OpenAI announced on Monday, Dec 9th, that it has released its artificial intelligence model, which generates video from text prompts to ChatGPT Plus and Pro users, further expanding its efforts into multimodal AI technologies.
The Microsoft-backed company, which sparked a generative AI wave with the launch of its ChatGPT chatbot in November 2022, now aims to compete with similar text-to-video tools from Meta, Alphabet’s Google, and Stability AI’s Stable Video Diffusion.
The AI model, named Sora, was initially introduced in February but its access had been limited to safety testers during its research preview phase. Now, it is available to ChatGPT Plus and Pro users as Sora Turbo at no additional cost.

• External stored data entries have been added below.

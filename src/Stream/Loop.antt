-- ===== src/Stream/Loop.antt =====
-- The loop in `poll_frame`, src/stream.rs, over the rounds that are given.
use policy_gate.Prelude.{
  ℕ, ◌≡◌, ◌≢◌, ◌⊎◌, inl, inr, refl, ap, ◌∙◌, arith, Bool, true, false, Option, none, some, List, [],
  ◌∷◌, ◌++◌,
}
use policy_gate.Metrics.{stream_cutoff}
use policy_gate.Stream.{
  BodySide, StreamRejection, Enforced, Turn, Inner, idle, Polled, pending, rejected, over, cut,
  step, enforce,
}
use policy_gate.Stream.Rounds.{
  Denies, Decides, is_last, cutoffs, Next-cases, step_ends, step_goes_on, step-Decides,
  step_rejects, step-Denies,
}

module _ {D H E : Type 0} (stream_denied : BodySide → StreamRejection H E)
    (refresh_before_expiry admission_timeout : ℕ) (inner : Inner D E) where
  abbrev pub loop : List Turn → Enforced → Option (Enforced × Polled D H E × Bool)
  loop = enforce stream_denied refresh_before_expiry admission_timeout inner

  pub loop_ends :
      (turns : List Turn) (b c : Enforced) (p : Polled D H E) (woken : Bool)
      → b.ended ≡ false
      → loop turns b ≡ some (c, p, woken)
      → (c.ended ≡ is_last p) × (c.metrics ≡ cutoffs p b.metrics) × (p ≡ pending → inner ≡ idle)
  unfolding enforce
  loop_ends [] b c p woken open_still h = absurd (ground arith)
  loop_ends (turn ∷ turns) b c p woken open_still h =
      elim (Next-cases (step stream_denied refresh_before_expiry admission_timeout inner turn b)) [
        | inl (d, e) ↦
            let went =
              step_goes_on stream_denied refresh_before_expiry admission_timeout inner turn b d e in
            rw (← went.1) (loop_ends turns d c p woken (went.0 ∙ open_still) (ground (arith, e)))
        | inr (d, q, w, e) ↦
            step_ends stream_denied refresh_before_expiry admission_timeout inner turn b c p woken
              open_still (ground (arith, e))
      ]

  -- Some round of the list denies.
  abbrev pub AnyDenies : List Turn → Type 0
  AnyDenies [] = ⊥
  AnyDenies (turn ∷ turns) = Denies refresh_before_expiry turn ⊎ AnyDenies turns

  pub loop_rejects :
      (turns : List Turn) (b c : Enforced) (r : StreamRejection H E) (woken : Bool)
      → loop turns b ≡ some (c, rejected r, woken)
      → AnyDenies turns × (r ≡ stream_denied b.side)
  unfolding enforce
  loop_rejects [] b c r woken h = absurd (ground arith)
  loop_rejects (turn ∷ turns) b c r woken h =
      elim (Next-cases (step stream_denied refresh_before_expiry admission_timeout inner turn b)) [
        | inl (d, e) ↦
            let went =
              step_goes_on stream_denied refresh_before_expiry admission_timeout inner turn b d e in
            let rest = loop_rejects turns d c r woken (ground (arith, e)) in
            (inr (rest.0), rest.1 ∙ ap stream_denied (went.2))
        | inr (d, q, w, e) ↦
            let last =
              step_rejects stream_denied refresh_before_expiry admission_timeout inner turn b c r
                woken (ground (arith, e)) in
            (inl (last.0), last.1)
      ]

  -- What a cut gives of a body, whose admission the rounds before may have replaced.
  abbrev pub IsCutOff : Enforced → Option (Enforced × Polled D H E × Bool) → Type 0
  IsCutOff b polled =
      (c : Enforced) × (polled ≡ some (c, rejected (stream_denied b.side), false))
      × (c.ended ≡ true)
      × (c.readmission ≡ none)
      × (c.metrics ≡ stream_cutoff ∷ b.metrics)

  pub loop_cuts :
      (before after : List Turn) (turn : Turn) (b : Enforced)
      → loop before b ≡ none
      → Denies refresh_before_expiry turn
      → IsCutOff b (loop (before ++ turn ∷ after) b)
  unfolding enforce cut
  loop_cuts [] after turn b went why =
      let denied =
        step-Denies stream_denied refresh_before_expiry admission_timeout inner turn b why in
      (
        record (over b) { metrics = stream_cutoff ∷ b.metrics },
        ground (arith, denied),
        refl,
        refl,
        refl,
      )
  loop_cuts (earlier ∷ before) after turn b went why =
      elim (Next-cases
        (step stream_denied refresh_before_expiry admission_timeout inner earlier b)) [
          | inl (d, e) ↦
              let kept =
                step_goes_on stream_denied refresh_before_expiry admission_timeout inner earlier b d
                  e in
              let rest = loop_cuts before after turn d (ground (arith, e)) why in
              (
                rest.0,
                ground (arith, e, rest.1, kept.2),
                rest.2,
                rest.3,
                rest.4 ∙ ap (λ ms. stream_cutoff ∷ ms) (kept.1),
              )
          | inr (d, q, w, e) ↦ absurd (ground (arith, e))
        ]

  pub loop_returns :
      (before after : List Turn) (turn : Turn) (b : Enforced)
      → Decides turn
      → loop (before ++ turn ∷ after) b ≢ none
  unfolding enforce
  loop_returns [] after turn b why =
      elim (Next-cases (step stream_denied refresh_before_expiry admission_timeout inner turn b)) [
        | inl (d, e) ↦ absurd (
            step-Decides stream_denied refresh_before_expiry admission_timeout inner turn b d why e)
        | inr (d, q, w, e) ↦ ground (arith, e)
      ]
  loop_returns (earlier ∷ before) after turn b why =
      elim (Next-cases
        (step stream_denied refresh_before_expiry admission_timeout inner earlier b)) [
          | inl (d, e) ↦ ground (arith, e, loop_returns before after turn d why)
          | inr (d, q, w, e) ↦ ground (arith, e)
        ]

“We’re working on tailored pricing for different types of users, which we plan to make available early next year,” the company stated on its website.

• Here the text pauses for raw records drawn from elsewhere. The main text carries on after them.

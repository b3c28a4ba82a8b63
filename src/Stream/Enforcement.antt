-- ===== src/Stream/Enforcement.antt =====
-- What a consumer of a body of src/stream.rs can rely on.
use policy_gate.Prelude.{
  ℕ, ◌≡◌, ◌≢◌, inl, inr, refl, Bool-cases, ◌∙◌, arith, Bool, true, false, none, some, List, [], ◌∷◌,
  ◌++◌,
}
use policy_gate.Stream.{
  BodySide, StreamRejection, Enforced, Turn, Inner, idle, Polled, pending, end, rejected, over,
  enforce, poll_frame, size_hint, is_end_stream,
}
use policy_gate.Stream.Rounds.{Decides, Denies, cutoffs, is_last}
use policy_gate.Stream.Loop.{
  loop, loop_ends, loop_rejects, loop_cuts, loop_returns, AnyDenies, IsCutOff,
}

module _ {D H E : Type 0} (stream_denied : BodySide → StreamRejection H E)
    (refresh_before_expiry admission_timeout : ℕ) where
  -- A denial cuts the stream at once: where the rounds before it go on and a round denies, the poll
  -- of a body that has not ended, and whose inner body has not either, gives the rejection of the
  -- body's side and none of the inner body's data, the body is ended with no readmission left, and
  -- the cutoff is counted. If the inner body is already at its end, the poll gives that end instead,
  -- with no rejection and no cutoff.
  pub denial_cuts :
      (inner : Inner D E) (before after : List Turn) (turn : Turn) (b : Enforced)
      → b.ended ≡ false
      → enforce stream_denied refresh_before_expiry admission_timeout inner before b ≡ none
      → Denies refresh_before_expiry turn
      → let poll = λ (inner_ended : Bool).
        poll_frame stream_denied refresh_before_expiry admission_timeout inner inner_ended
          (before ++ turn ∷ after)
          b in
        IsCutOff stream_denied refresh_before_expiry admission_timeout inner b (poll false)
        × (poll true ≡ some (over b, end, false))
  unfolding poll_frame
  denial_cuts inner before after turn b open_still went why =
      let cuts =
        loop_cuts stream_denied refresh_before_expiry admission_timeout inner before after turn b
          went why in
      ((cuts.0, ground (arith, cuts.1), cuts.2, cuts.3, cuts.4), ground arith)

  -- Whatever a body gives when it is polled, it is ended afterwards exactly when that is the last: an
  -- end, trailers, or a rejection. Each rejection is counted once, and nothing else is. A rejection
  -- is that of the body's side, and is given only where one of the poll's rounds denies and neither
  -- the body nor its inner body was at its end. A poll is pending only where the inner body is.
  pub poll_ends :
      (inner : Inner D E) (inner_ended : Bool) (turns : List Turn) (b c : Enforced)
      (p : Polled D H E) (woken : Bool)
      → poll_frame stream_denied refresh_before_expiry admission_timeout inner inner_ended turns b
        ≡ some (c, p, woken)
      → (c.ended ≡ is_last p)
        × (c.metrics ≡ cutoffs p b.metrics)
        × (p ≡ pending → inner ≡ idle)
        × ((r : StreamRejection H E)
            → p ≡ rejected r
            → AnyDenies stream_denied refresh_before_expiry admission_timeout inner turns
              × (r ≡ stream_denied b.side)
              × (is_end_stream inner_ended b ≡ false))
  unfolding poll_frame
  poll_ends inner inner_ended turns b c p woken h =
      elim (Bool-cases (is_end_stream inner_ended b)) [
        | inl ended ↦ (ground arith, ground arith, λ e. ground arith, λ r e. absurd (ground arith))
        | inr goes_on ↦
            let polled : loop stream_denied refresh_before_expiry admission_timeout inner turns b
                ≡ some (c, p, woken) =
              ground arith in
            let ends =
              loop_ends stream_denied refresh_before_expiry admission_timeout inner turns b c p
                woken (ground arith) polled in
            (
              ends.0,
              ends.1,
              ends.2,
              λ r e.
                  let why =
                    loop_rejects stream_denied refresh_before_expiry admission_timeout inner turns b
                      c r woken (ground (arith, polled)) in
                  (why.0, why.1, goes_on),
            )
      ]

  -- Every poll of the sequence gives the end. The flag is the inner body's `is_end_stream`.
  abbrev pub AllEnd : List (Inner D E × Bool × List Turn) → Enforced → Type 0
  AllEnd [] b = Unit {0}
  AllEnd ((inner, inner_ended, turns) ∷ polls) b =
      (poll_frame stream_denied refresh_before_expiry admission_timeout inner inner_ended turns b
        ≡ some (over b, end, false))
      × AllEnd polls (over b)

  -- A body that has ended gives nothing more, whatever its inner body holds, whatever its handle
  -- reads as, and however often it is polled; its exact size is zero.
  ended_for_good :
      (polls : List (Inner D E × Bool × List Turn)) (b : Enforced)
      → b.ended ≡ true
      → AllEnd polls b × (size_hint b ≡ some 0)
  unfolding poll_frame
  ended_for_good [] b h = (tt, ground arith)
  ended_for_good ((inner, inner_ended, turns) ∷ polls) b h =
      ((ground arith, (ended_for_good polls (over b) refl).0), ground arith)

  -- After a poll that gives an end, trailers or a rejection, every further poll gives the end,
  -- whatever the inner body holds and whatever the handle reads as, and the exact size is zero.
  pub nothing_follows :
      (inner : Inner D E) (inner_ended : Bool) (turns : List Turn) (b c : Enforced)
      (p : Polled D H E) (woken : Bool) (polls : List (Inner D E × Bool × List Turn))
      → poll_frame stream_denied refresh_before_expiry admission_timeout inner inner_ended turns b
        ≡ some (c, p, woken)
      → is_last p ≡ true
      → AllEnd polls c × (size_hint c ≡ some 0)
  nothing_follows inner inner_ended turns b c p woken polls h last =
      ended_for_good polls c ((poll_ends inner inner_ended turns b c p woken h).0 ∙ last)

  -- A poll returns if one of its rounds reads a handle that is not stale, or a stale one with no
  -- cached admission and a readmission that has given none.
  pub poll_returns :
      (inner : Inner D E) (inner_ended : Bool) (before after : List Turn) (turn : Turn)
      (b : Enforced)
      → Decides turn
      → poll_frame stream_denied refresh_before_expiry admission_timeout inner inner_ended
          (before ++ turn ∷ after)
          b
        ≢ none
  unfolding poll_frame
  poll_returns inner inner_ended before after turn b why = ground (
    arith,
    loop_returns stream_denied refresh_before_expiry admission_timeout inner before after turn b
        why,
  )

Users will be able to generate videos up to 1080p resolution, with a duration of up to 20 seconds, and in widescreen, vertical, or square aspect ratios.
“We’re teaching AI to understand and simulate the physical world in motion, with the goal of training models that help people solve problems that require real-world interaction. Sora, our text-to-video model, can generate videos up to a minute long while maintaining visual quality and adhering to the user’s prompt.”
OpenAI mentioned that while Sora is not yet available in EU countries, Switzerland, and the UK, it will be accessible in other regions where ChatGPT is available.
The company also noted that it will block the creation and upload of harmful content, such as child sexual abuse material and sexual deepfakes, to prevent misuse. “Uploads of people will be limited at launch, but we intend to roll the feature out to more users as we refine our deepfake mitigations,” OpenAI added.
Sora offers a number of features that provide users with greater control over the video generation process. Here’s an overview of each:
Remix: The remix feature allows users to reimagine existing videos by modifying elements like colors, backgrounds, or visual components, without altering the core essence of the original video. This is ideal for creators looking to update old content, tailor videos for specific themes, or experiment with different variations for branding purposes.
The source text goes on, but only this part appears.